As an exercise related to this problem (not solving the whole problem), I wanted to find an algorithm for 'variations_with_repetitions', (algorithms not being my strong suit), and was able to find a solution. I wouldn't say it is pretty, but it works :-)

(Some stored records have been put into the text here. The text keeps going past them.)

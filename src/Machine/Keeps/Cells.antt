-- ===== src/Machine/Keeps/Cells.antt =====
-- The accessors and constructors of cells leave the control state alone.
use quuz.Prelude.{ℕ, refl}
use quuz.Object.Tag.{Obj, is_cell, to_cell}
use quuz.Object.CellType
use quuz.Machine.Store.{Payload, pair}
use quuz.Machine.Cell.{
  put, cell_of_type, cell_ptr, first, rest, to_pair, set_rest, make_cell, make_pair,
}
use quuz.Machine.Keeps.{
  Keeps, Keeps-bind, Keeps-then, Keeps-if, Keeps-pure, Keeps-assert, Keeps-load, Keeps-store,
  Keeps-pair_at,
}

pub Keeps-put : (p : ℕ) (v : Payload) → Keeps (put p v)
unfolding put
Keeps-put p v = Keeps-bind (Keeps-load p) (λ c. Keeps-store p _)

pub Keeps-cell_of_type : (obj : Obj) (type : ℕ) → Keeps (cell_of_type obj type)
unfolding cell_of_type
Keeps-cell_of_type obj type =
    Keeps-if (is_cell obj)
      (Keeps-if _ (Keeps-pure _) (Keeps-bind (Keeps-load (to_cell obj)) (λ c. Keeps-pure _)))
      (Keeps-pure _)

pub Keeps-cell_ptr : (obj : Obj) → Keeps (cell_ptr obj)
unfolding cell_ptr
Keeps-cell_ptr obj = Keeps-then (Keeps-assert (is_cell obj)) (Keeps-pure (to_cell obj))

pub Keeps-first : (obj : Obj) → Keeps (first obj)
unfolding first
Keeps-first obj =
    Keeps-bind (Keeps-cell_ptr obj) (λ p. Keeps-bind (Keeps-pair_at p) (λ m. Keeps-pure m.0))

pub Keeps-rest : (obj : Obj) → Keeps (rest obj)
unfolding rest
Keeps-rest obj =
    Keeps-bind (Keeps-cell_ptr obj) (λ p. Keeps-bind (Keeps-pair_at p) (λ m. Keeps-pure m.1))

pub Keeps-to_pair : (obj : Obj) → Keeps (to_pair obj)
unfolding to_pair
Keeps-to_pair obj =
    Keeps-bind (Keeps-cell_of_type obj CellType.pair)
      (λ b. Keeps-then (Keeps-assert b) (Keeps-pair_at (to_cell obj)))

pub Keeps-set_rest : (obj v : Obj) → Keeps (set_rest obj v)
unfolding set_rest
Keeps-set_rest obj v = Keeps-bind (Keeps-to_pair obj) (λ m. Keeps-put (to_cell obj) _)

pub Keeps-make_cell : (type : ℕ) (value : Payload) → Keeps (make_cell type value)
unfolding make_cell
Keeps-make_cell type value = record { kept = λ st. refl }

pub Keeps-make_pair : (a b : Obj) → Keeps (make_pair a b)
unfolding make_pair
Keeps-make_pair a b = Keeps-bind (Keeps-make_cell CellType.pair (pair a b)) (λ p. Keeps-pure _)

It doen't have an iterative solution. Instead it returns all the tuples.

#!/usr/bin/perl
use strict;
use warnings;

my $n = 3;
my @a = "a".."b";

my @b = vw_rep(\@a, $n); # variations with repetition (Algorithm::Comb
+inatorics)

use Data::Dump; dd \@b;

sub vw_rep {
    my ($ref, $n) = @_;
    my @c;
    for my $k (0 .. $n-1) {
        my $L = 0;
        for (1 .. @$ref**$k) {
            for my $i (0 .. $#$ref) {
                for (1 .. @$ref**($n-1 - $k)) {
                    push @{ $c[$L++] }, $ref->[$i];
                }   
            }
        }
    }
    return @c;
}

__END__
C:\Old_Data\perlp>perl var_w_rep.pl
[
  ["a", "a", "a"],
  ["a", "a", "b"],
  ["a", "b", "a"],
  ["a", "b", "b"],
  ["b", "a", "a"],
  ["b", "a", "b"],
  ["b", "b", "a"],
  ["b", "b", "b"],
]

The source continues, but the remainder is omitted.